Description of the task:
When you reach the line containing "call = call;" in the entries below, start writing out each line exactly, and stop after the line containing "unfoldable pub split_at".

::::::

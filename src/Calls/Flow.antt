-- ===== src/Calls/Flow.antt =====
-- Calls, returns and reverts: fuel-vm/src/interpreter/flow.rs and their executors. `prepare_call` is
-- composed of the parts of its body. Frames stand with the last one first.
pub mod Return
pub mod Steps
pub mod Enter
pub mod Panics
mod Tests
use fuel_vm.Reg
use fuel_vm.Prelude.{
  ℕ, ◌+◌, ◌-◌, Bool, Option, none, some, List, [], ◌∷◌, ◌==◌, ◌||◌, if◌then◌else◌, min, length,
  replicate, checked_add, checked_sub, saturating_add,
}
use fuel_vm.Outcome.{Error, Result, ok, err, panic, bug, crash, PanicReason, BugVariant}
use fuel_vm.Merkle.{Digest}
use fuel_vm.Memory.{
  Slot, in_stack, in_heap, read, grow_stack, write_noownerchecks, copy_from_slice, MemoryInstance,
}
use fuel_vm.Vm
use fuel_vm.Vm.{CallFrame, Registers, on_memory}
use fuel_vm.Vm.Gas
use fuel_vm.Vm.Gas.{base_cost}
use fuel_vm.Calls.Receipts
use fuel_vm.Calls.Receipts.{Bytes32, PanicInstruction, Receipt}
use fuel_vm.Calls.Frame.{
  CallParams, call_len, call_try_from, padded_len, new_frame, serialized_size, frame_to_bytes,
  update_from_frame_pointer,
}
use fuel_vm.Calls.{
  Storage, Interpreter, Parameters, Handler, pure, raise, from_result, from_option, gets, on_vm,
  ◌>>=◌, ◌>>◌, reg, set, read_id, zeroed, or_zeroed, current_contract, internal_contract_or_zeroed,
  set_frame_pointer, push_receipt, check_contract_in_inputs,
}
use fuel_vm.Calls.Contract.{contract_size, forward_coins}

-- The registers of the frame, but for the gas, the result and the heap pointer
unfoldable pub restore : Registers → Registers → Registers
restore frame now r =
    if r == Reg.cgas || (r == Reg.ggas || (r == Reg.ret || (r == Reg.retl || r == Reg.hp)))
    then now r
    else frame r

unfoldable pub set_registers : Registers → Handler (Unit {0})
set_registers registers s = (ok tt, record s { vm = record s.vm { registers = registers } })

unfoldable pub set_frames : List CallFrame → Handler (Unit {0})
set_frames frames s = (ok tt, record s { vm = record s.vm { frames = frames } })

-- The first part of `return_from_context`
unfoldable pub leave_frame : List CallFrame → Handler (Unit {0})
unfolding set_registers set_frames
leave_frame [] = pure tt
leave_frame (frame ∷ rest) = do
  set_frames rest
  cgas ← reg Reg.cgas
  sum ←
      from_option (checked_add cgas (frame.registers Reg.cgas))
        (bug BugVariant.context_gas_overflow)
  set Reg.cgas sum
  now ← gets (λ s. s.vm.registers)
  set_registers (restore frame.registers now)
  fp ← reg Reg.fp
  set_frame_pointer fp

unfoldable pub return_from_context : Parameters → Receipt → Handler (Unit {0})
return_from_context p receipt = do
  frames ← gets (λ s. s.vm.frames)
  leave_frame frames
  push_receipt p receipt
  on_vm Vm.inc_pc

unfoldable pub ret : Parameters → ℕ → Handler (Unit {0})
ret p a = do
  r ← gets current_contract
  contract ← from_result r
  pc ← reg Reg.pc
  is ← reg Reg.is
  set Reg.ret a
  set Reg.retl 0
  return_from_context p (Receipt.return (or_zeroed contract) a pc is)

unfoldable pub ret_data : Parameters → ℕ → ℕ → Handler Digest
ret_data p a b = do
  r ← gets current_contract
  contract ← from_result r
  read_bytes ← gets (λ s. read s.vm.memory a b)
  bytes ← from_result read_bytes
  pc ← reg Reg.pc
  is ← reg Reg.is
  set Reg.ret a
  set Reg.retl b
  return_from_context p (
      Receipt.return_data (or_zeroed contract) a (length bytes) (p.sha256 bytes) pc is (some bytes))
  pure (p.sha256 bytes)

-- Outside a contract, and where its identifier cannot be read, the receipt has the zeroed one.
unfoldable pub revert : Parameters → ℕ → Handler (Unit {0})
revert p a = do
  contract ← gets (λ s. elim (current_contract s) [ ok id ↦ or_zeroed id | err e ↦ zeroed ])
  pc ← reg Reg.pc
  is ← reg Reg.is
  push_receipt p (Receipt.revert contract a pc is)

-- The receipt of a panic, with the contract that the context of the panic names. A receipt that is
-- refused stops the host.
unfoldable pub append_panic_receipt : Parameters → PanicInstruction → Handler (Unit {0})
append_panic_receipt p result s =
    let receipt =
      Receipt.panic (internal_contract_or_zeroed s) result (s.vm.registers Reg.pc)
        (s.vm.registers Reg.is) s.panic_context in
    elim (Receipts.push p.sha256 p.to_bytes receipt s.receipts) [
      | ok ctx ↦ (ok tt, record s { panic_context = none; receipts = ctx })
      | err e ↦ (err crash, record s { panic_context = none })
    ]

-- What `prepare_call` works on after it has read its operands
pub record Callee : Type 0 where
  pub call : CallParams
  pub asset_id : Bytes32
  pub code_size : ℕ
  pub code_size_padded : ℕ
  pub total_size : ℕ

unfoldable pub read_callee : ℕ → ℕ → Handler Callee
read_callee call_params_pointer asset_id_pointer = do
  read_bytes ← gets (λ s. read s.vm.memory call_params_pointer call_len)
  call_bytes ← from_result read_bytes
  call ← from_result (call_try_from call_bytes)
  asset_id ← read_id asset_id_pointer
  size ← gets (λ s. contract_size s.storage call.to)
  code_size ← from_result size
  padded ← from_option (padded_len code_size) (panic PanicReason.memory_overflow)
  total_size ← from_option (checked_add serialized_size padded) (bug BugVariant.code_size_overflow)
  pure (record {
    call = call;
    asset_id = asset_id;
    code_size = code_size;
    code_size_padded = padded;
    total_size = total_size;
  })

-- The gas that the callee gets is taken from the caller's.
unfoldable pub forward_gas : ℕ → Handler ℕ
forward_gas amount = do
  cgas ← reg Reg.cgas
  rest ← from_option (checked_sub cgas (min cgas amount)) (bug BugVariant.context_gas_underflow)
  set Reg.cgas rest
  pure (min cgas amount)

unfoldable pub split_at : ℕ → Slot → Slot × Slot
split_at n (in_stack a b) = (in_stack a (a + n), in_stack (a + n) b)
split_at n (in_heap a b) = (in_heap a (a + n), in_heap (a + n) b)

unfoldable pub read_contract : Storage → Bytes32 → Result (List ℕ)
read_contract storage contract = elim (storage.code contract) [
  | none ↦ err (panic PanicReason.contract_not_found)
  | some code ↦ ok code
]

unfoldable pub fill : Slot → List ℕ → Handler (Unit {0})
fill slot bytes = on_vm (on_memory (λ memory. copy_from_slice memory slot bytes))

-- The frame, the code and the padding behind the old stack
unfoldable pub write_frame : CallFrame → Callee → Handler (Unit {0})
unfolding split_at
write_frame frame callee = do
  fp ← reg Reg.fp
  r ← gets (λ s. write_noownerchecks s.vm.memory fp callee.total_size)
  dst ← from_result r
  let (mem_frame, rest) = split_at serialized_size dst
  fill mem_frame (frame_to_bytes frame)
  let (mem_code, mem_code_padding) = split_at callee.code_size rest
  c ← gets (λ s. read_contract s.storage callee.call.to)
  code ← from_result c
  fill mem_code code
  fill mem_code_padding (replicate (callee.code_size_padded - callee.code_size) 0)

-- The new frame on the stack
unfoldable pub set_stack : ℕ → Handler (Unit {0})
set_stack new_sp = do set Reg.sp new_sp; set Reg.ssp new_sp

unfoldable pub enter_frame : CallFrame → Callee → Handler Bytes32
unfolding set_stack
enter_frame frame callee = do
  old_sp ← reg Reg.sp
  let new_sp = saturating_add old_sp callee.total_size
  on_vm (on_memory (λ memory. grow_stack memory new_sp))
  set_stack new_sp
  id ← gets internal_contract_or_zeroed
  set_frame_pointer old_sp
  write_frame frame callee
  pure id

unfoldable pub set_start : ℕ → ℕ → Handler ℕ
set_start amount gas = do
  fp ← reg Reg.fp
  let code_start = fp + serialized_size
  set Reg.pc code_start
  set Reg.bal amount
  set Reg.is code_start
  set Reg.cgas gas
  set Reg.flag 0
  pure code_start

unfoldable pub start_code : Parameters → CallFrame → Callee → Bytes32 → ℕ → ℕ → Handler (Unit {0})
unfolding set_start set_frames
start_code p frame callee id amount gas = do
  code_start ← set_start amount gas
  push_receipt p (
      Receipt.call id callee.call.to amount callee.asset_id gas callee.call.a callee.call.b
        code_start code_start)
  frames ← gets (λ s. s.vm.frames)
  set_frames (frame ∷ frames)

unfoldable pub new_call_frame : Callee → Handler CallFrame
new_call_frame callee = do
  registers ← gets (λ s. s.vm.registers)
  from_option
      (new_frame callee.call.to callee.asset_id registers callee.code_size_padded callee.call.a
        callee.call.b)
      (panic PanicReason.memory_overflow)

unfoldable pub prepare_call : Parameters → ℕ → ℕ → ℕ → ℕ → Handler (Unit {0})
prepare_call p call_params_pointer amount asset_id_pointer gas_limit = do
  on_vm (Gas.gas_charge (base_cost p.call))
  r ← gets current_contract
  source ← from_result r
  callee ← read_callee call_params_pointer asset_id_pointer
  on_vm (Gas.dependent_gas_charge_without_base p.call callee.code_size_padded)
  forward_coins p source callee.call.to callee.asset_id amount
  gas ← forward_gas gas_limit
  frame ← new_call_frame callee
  id ← enter_frame frame callee
  start_code p frame callee id amount gas

-- The executors of CALL, RET, RETD and RVRT
unfoldable pub execute_call : Parameters → ℕ → ℕ → ℕ → ℕ → Handler (Unit {0})
execute_call p a b c d = do
  ra ← reg a
  rb ← reg b
  rc ← reg c
  rd ← reg d
  prepare_call p ra rb rc rd

unfoldable pub execute_ret : Parameters → ℕ → Handler ℕ
execute_ret p a = do on_vm (Gas.gas_charge p.ret); ra ← reg a; ret p ra; pure ra

unfoldable pub execute_retd : Parameters → ℕ → ℕ → Handler Digest
execute_retd p a b = do
  len ← reg b
  on_vm (Gas.dependent_gas_charge p.retd len)
  ra ← reg a
  ret_data p ra len

unfoldable pub execute_rvrt : Parameters → ℕ → Handler ℕ
execute_rvrt p a = do on_vm (Gas.gas_charge p.rvrt); ra ← reg a; revert p ra; pure ra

::::::

Completed exercise:
    call = call;
    asset_id = asset_id;
    code_size = code_size;
    code_size_padded = padded;
    total_size = total_size;
  })

-- The gas that the callee gets is taken from the caller's.
unfoldable pub forward_gas : ℕ → Handler ℕ
forward_gas amount = do
  cgas ← reg Reg.cgas
  rest ← from_option (checked_sub cgas (min cgas amount)) (bug BugVariant.context_gas_underflow)
  set Reg.cgas rest
  pure (min cgas amount)

unfoldable pub split_at : ℕ → Slot → Slot × Slot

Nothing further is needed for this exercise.